# An Announcement of Utmost Importance....



## thetrailboss (Apr 15, 2005)

:smash: Ben and Jerry's is having their annual *FREE CONE DAY * this coming Tuesday from 12-8pm at all of their retail outlets!!!   :flag: 

*Click here for more information* 

I'm going to be there chowing down on my favorite flavors...too many too name  :beer:    :idea:


----------



## bvibert (Apr 15, 2005)

Mmmmmm... free Ben and Jerry's


----------



## thetrailboss (Apr 19, 2005)

Be sure you go, be sure you go, be sure you go


----------



## Vortex (Apr 20, 2005)

How were the lines?


----------



## thetrailboss (Apr 20, 2005)

Not too bad.  10 minute wait or so...lots of flavor choices as well.  Well worth it!


----------



## bvibert (Apr 20, 2005)

We didn't even bother with the 20 minute drive when we heard that the lines were out of control...


----------



## thetrailboss (Apr 20, 2005)

It was a good day for it...


----------



## Vortex (Apr 20, 2005)

bvibert said:
			
		

> We didn't even bother with the 20 minute drive when we heard that the lines were out of control...

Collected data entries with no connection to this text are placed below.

-- ===== src/Service/Tests.antt =====
-- Runs of the pipeline of internal/api/router.go.
use rest_trans.Prelude.{ℕ, ◌+◌, ◌≡◌, refl, true, false, none, some, [], ◌∷◌, Text, codes}
use rest_trans.Prelude.Int.{pos_part}
use rest_trans.Schema.{SchemaStore, Table, get_table}
use rest_trans.Config.Tests.{plain_config}
use rest_trans.Transaction.Types.{Faults}
use rest_trans.Transaction.Staging.{scalar}
use rest_trans.Transaction.Staging
use rest_trans.RateLimit.Manager.{new_manager}
use rest_trans.Api.Tests.{books, shop, renaming, counting, no_order}
use rest_trans.Api.Routes
use rest_trans.Service.{Incoming, State, Parts, write, serve}
use rest_trans.Service.Isolated.{KeepsRows, KeepsTransactions, serve-KeepsRows, serve-view}

abbrev pub no_faults : Faults
no_faults = record {
  get = false;
  list_transactions = false;
  insert_row = false;
  delete_operations = false;
  begin_lock = false;
  lock = false;
  read_operations = false;
  begin_target = false;
  commit_target = false;
  mark = false;
  commit_lock = false;
  write_row_ids = λ i. false;
  write_committed = λ i. false;
}

abbrev view_of_books : Table
view_of_books = record books { is_view = true }

abbrev viewed : SchemaStore
viewed = record shop { schemas = (codes "shop", (codes "books", view_of_books) ∷ []) ∷ [] }

abbrev pub parts : SchemaStore → Parts ℕ ℕ
parts schemas = record {
  bucket = record { fresh = λ rate burst. pos_part burst; take_token = λ n now. (n, true) };
  database = counting;
  target = record {
    exec = λ text args s. some (s + 1);
    insert_returning = λ text args s. some (s + 1, 1);
    read_row = λ text v s. none;
    select_rows = λ text args s. some [];
    print_value = λ v. [];
  };
  schemas = schemas;
  config = plain_config;
  visit = no_order;
  transactions_on = true;
}

abbrev incoming : Text → Incoming
incoming header = record {
  ip = codes "10.0.0.1";
  verb = write Routes.patch;
  staging = record {
    header = header;
    method = Staging.Method.other;
    schema = codes "shop";
    table = codes "books";
    body = scalar;
    query = some [];
  };
  request = renaming;
}

abbrev pub start : State ℕ ℕ
start = record {
  limits = new_manager plain_config.rate_limit;
  transactions = record { transactions = []; operations = []; next_id = 1 };
  rows = 0;
}

-- With no header the statement runs.
unnamed_runs : (serve (parts shop) no_faults (λ n. no_faults) 1 (incoming []) start).1.rows ≡ 1
unfolding serve new_manager
unnamed_runs = refl

serve-KeepsRows_example :
    (serve (parts shop) no_faults (λ n. no_faults) 1 (incoming (codes "tx")) start).1.rows ≡ 0
serve-KeepsRows_example =
    serve-KeepsRows (parts shop) no_faults (λ n. no_faults) 1 (incoming (codes "tx")) start
      Routes.patch refl refl refl

view_found : get_table viewed (codes "shop") (codes "books") ≡ some view_of_books
unfolding get_table
view_found = refl

serve-view_example :
    KeepsRows
      (parts viewed)
      start
      (serve (parts viewed) no_faults (λ n. no_faults) 1 (incoming (codes "tx")) start)
    × KeepsTransactions
        (parts viewed)
        start
        (serve (parts viewed) no_faults (λ n. no_faults) 1 (incoming (codes "tx")) start)
serve-view_example =
    serve-view (parts viewed) no_faults (λ n. no_faults) 1 (incoming (codes "tx")) start
      Routes.patch view_of_books refl view_found refl refl
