-- ===== src/Service/Endpoints/Tests.antt =====
-- Runs of the routes of transactions and functions.
use rest_trans.Prelude.{ℕ, ◌+◌, ◌≡◌, refl, some, [], ◌∷◌, Text, codes}
use rest_trans.Transaction.Types.{Transaction, pending, committed, null}
use rest_trans.Transaction.Staging.{scalar}
use rest_trans.Transaction.Handler.{done}
use rest_trans.Api.Tests.{shop}
use rest_trans.Api.Types.{query_error}
use rest_trans.RateLimit.Manager.{new_manager}
use rest_trans.Rpc.{Caller}
use rest_trans.Service.{State}
use rest_trans.Service.Tests.{no_faults, parts, start}
use rest_trans.Service.Endpoints
use rest_trans.Service.Endpoints.{Arrival, Outside, answered, commit, serve_endpoint}
use rest_trans.Service.Endpoints.Intercepted.{Intercepted, serve_endpoint-Intercepted}

abbrev begun : Transaction
begun = record {
  id = codes "tx";
  schema = codes "shop";
  status = pending;
  created_at = 0;
  updated_at = 0;
}

abbrev with_transaction : State ℕ ℕ
with_transaction = record start {
  transactions = record { transactions = begun ∷ []; operations = []; next_id = 1 };
}

abbrev outside : Outside
outside = record {
  check = no_faults;
  faults = no_faults;
  new_id = codes "new";
  now = 5;
  stamp = null;
}

abbrev committing : Text → Arrival
committing header = record {
  ip = codes "10.0.0.1";
  schema = codes "shop";
  endpoint = commit (codes "tx");
  header = header;
  body = scalar;
  query = some [];
}

abbrev unreachable : Caller ℕ
unreachable = record { call = λ text args s. (query_error (codes "no database"), s + 1) }

-- With no header the transaction is committed.
plain_commit :
    (serve_endpoint
      (parts shop)
      unreachable
      no_faults
      (λ n. no_faults)
      outside
      (committing [])
      with_transaction).0
    ≡ answered (done committed)
unfolding serve_endpoint new_manager
plain_commit = refl

serve_endpoint-Intercepted_example : Intercepted (committing (codes "tx")) with_transaction (
    serve_endpoint
      (parts shop)
      unreachable
      no_faults
      (λ n. no_faults)
      outside
      (committing (codes "tx"))
      with_transaction)
serve_endpoint-Intercepted_example =
    serve_endpoint-Intercepted (parts shop) unreachable no_faults (λ n. no_faults) outside
      (committing (codes "tx")) with_transaction refl refl refl

abbrev beginning : Arrival
beginning = record (committing []) { endpoint = Endpoints.Endpoint.start }

abbrev after_start : State ℕ ℕ
after_start =
    (serve_endpoint (parts shop) unreachable no_faults (λ n. no_faults) outside beginning start).1

-- A transaction has been begun.
one_begun :
    after_start.transactions.transactions
    ≡ record begun { id = codes "new"; created_at = 5; updated_at = 5 } ∷ []
unfolding serve_endpoint new_manager
one_begun = refl
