-- ===== src/Startup.antt =====
-- cmd/rest-trans/main.go: what main does before it serves: the retries of the database and the
-- first reading of the schemas.
mod Tests
pub mod Retries
use rest_trans.Prelude.{
  ℕ, zero, suc, ◌+◌, Bool, true, false, ◌&&◌, Option, none, some, List, [], ◌∷◌, Text, codes,
  trim_space, ltb, if◌then◌else◌,
}
use rest_trans.Schema.{Table, SchemaStore, new_store, add_table, add_function}
use rest_trans.Schema.Functions.{Function}
use rest_trans.Introspect.{Catalogue, introspect, introspect_functions}

-- How the retries end, with the number of pings and of pauses that they took.
pub record Retried : Type 0 where
  pub reached : Bool
  pub pings : ℕ
  pub pauses : ℕ

-- The loop of retryPingDB, with `left` attempts after `i` that failed; `ping i` says whether the
-- attempt with that number succeeds.
unfoldable pub retry_from : (ℕ → Bool) → Bool → ℕ → ℕ → ℕ → Retried
retry_from ping paused zero i pauses = record { reached = false; pings = i; pauses = pauses }
retry_from ping paused (suc left) i pauses =
    let again =
      retry_from ping paused left (i + 1) (if paused && ltb 0 left then pauses + 1 else pauses) in
    if ping i then record { reached = true; pings = i + 1; pauses = pauses } else again

-- `retryPingDB`. `paused` says that the delay is above 0.
unfoldable pub retry_ping_db : (ℕ → Bool) → ℕ → Bool → Retried
unfolding retry_from
retry_ping_db ping attempts paused = retry_from ping paused attempts 0 0

unfoldable pub add_tables : Text → List (Text × Table) → SchemaStore → SchemaStore
unfolding add_table
add_tables s [] ss = ss
add_tables s ((name, t) ∷ tables) ss = add_tables s tables (add_table ss s t)

unfoldable pub add_functions : Text → List (Text × Function) → SchemaStore → SchemaStore
unfolding add_function
add_functions s [] ss = ss
add_functions s ((name, fn) ∷ functions) ss = add_functions s functions (add_function ss s fn)

abbrev functions_if : Text → Option (List (Text × Function)) → SchemaStore → SchemaStore
functions_if s none ss = ss
functions_if s (some functions) ss = add_functions s functions ss

-- The loop over the schemas: main exits where the tables of one cannot be read (`none`), and goes on
-- without its functions where those cannot.
unfoldable pub load_schemas : Catalogue → List Text → SchemaStore → Option SchemaStore
unfolding introspect introspect_functions add_tables add_functions trim_space
load_schemas c [] ss = some ss
load_schemas c (text ∷ schemas) ss =
    let s = trim_space text in
    elim (introspect c s) [
      | none ↦ none
      | some tables ↦
          load_schemas c schemas
            (functions_if s (introspect_functions c s) (add_tables s tables ss))
    ]

abbrev default_schema_of : List Text → Text
default_schema_of [] = codes "public"
default_schema_of (s ∷ schemas) = trim_space s

-- The store that main starts with.
unfoldable pub first_store : Catalogue → List Text → Option SchemaStore
unfolding load_schemas trim_space
first_store c schemas = load_schemas c schemas (new_store (default_schema_of schemas))
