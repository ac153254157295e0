-- ===== src/Startup/Retries.antt =====
-- The retries end, and a database that answers within the attempts is reached.
use rest_trans.Prelude.{
  ℕ, zero, suc, ◌+◌, ◌≤◌, ◌<◌, ◌≡◌, refl, Bool, true, ◌&&◌, Bool-cases, inl, inr, arith, ltb,
  if◌then◌else◌,
}
use rest_trans.Startup.{retry_from, retry_ping_db}

module _ (ping : ℕ → Bool) (paused : Bool) where
  retry_from-le : (left i pauses : ℕ) → (retry_from ping paused left i pauses).pings ≤ i + left
  unfolding retry_from
  retry_from-le zero i pauses = omega arith
  retry_from-le (suc left) i pauses = elim (Bool-cases (ping i)) [
    | inl now ↦ rw now (omega arith)
    | inr later ↦
        let rest =
          retry_from-le left (i + 1) (if paused && ltb 0 left then pauses + 1 else pauses) in
        rw later (omega arith)
  ]

  retry_from-reached :
      (left i pauses k : ℕ)
      → k < left
      → ping (i + k) ≡ true
      → ((retry_from ping paused left i pauses).reached ≡ true)
        × ((retry_from ping paused left i pauses).pings ≤ i + k + 1)
  unfolding retry_from
  retry_from-reached zero i pauses k h e = absurd (omega arith)
  retry_from-reached (suc left) i pauses zero h e =
      let same : i + 0 ≡ i = omega arith in
      let now : ping i ≡ true = rw same at e in rw now (refl, omega arith)
  retry_from-reached (suc left) i pauses (suc k) h e = elim (Bool-cases (ping i)) [
    | inl now ↦ rw now (refl, omega arith)
    | inr later ↦
        let same : i + suc k ≡ i + 1 + k = omega arith in
        let (reached, bound) =
          retry_from-reached left (i + 1) (if paused && ltb 0 left then pauses + 1 else pauses) k
            (omega arith) (rw same at e) in
        rw later (reached, omega arith)
  ]

-- A database that answers a ping within the attempts is reached, by the first answer at the latest,
-- and the number of pings is never above that of the attempts.
pub retry_ping_db-reached :
    (ping : ℕ → Bool) (attempts : ℕ) (paused : Bool) (k : ℕ)
    → k < attempts
    → ping k ≡ true
    → ((retry_ping_db ping attempts paused).reached ≡ true)
      × ((retry_ping_db ping attempts paused).pings ≤ k + 1)
      × ((retry_ping_db ping attempts paused).pings ≤ attempts)
unfolding retry_ping_db
retry_ping_db-reached ping attempts paused k h e =
    let same : 0 + k ≡ k = omega arith in
    let (reached, bound) = retry_from-reached ping paused attempts 0 0 k h (rw same e) in
    (reached, omega arith, omega (arith, retry_from-le ping paused attempts 0 0))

That was my thought.  I stayed home.  I'm a shut in.


----------



## bvibert (Apr 20, 2005)

Bob R said:
			
		

> bvibert said:
> 
> 
> 
> ...



You have a lot of ski days in for the year for a shut in...


----------



## Vortex (Apr 20, 2005)

bvibert said:
			
		

> Bob R said:
> 
> 
> 
> ...


3
I kind of am a shut in after ski season.  I work an insane amount.  Price of life in the big city. :wink:


----------



## MichaelJ (Apr 21, 2005)

They got rid of too many of their locations around here. Used to be one right in Arlington Center. Was a money-maker, too. Sold it to a local person who had a shop in Davis Square as well, and when they sold off the entire business both became JP Licks, continuing to be money-makers.

So odd that B&J gave up there.


----------



## thetrailboss (Apr 26, 2005)

MichaelJ said:
			
		

> So odd that B&J gave up there.



That's Unilever at work...dumping expenses.  They dropped the Middlebury VT store, which was a good location, but they ran it YEAR ROUND which was not prudent considering they probably had NO business in the off season.


----------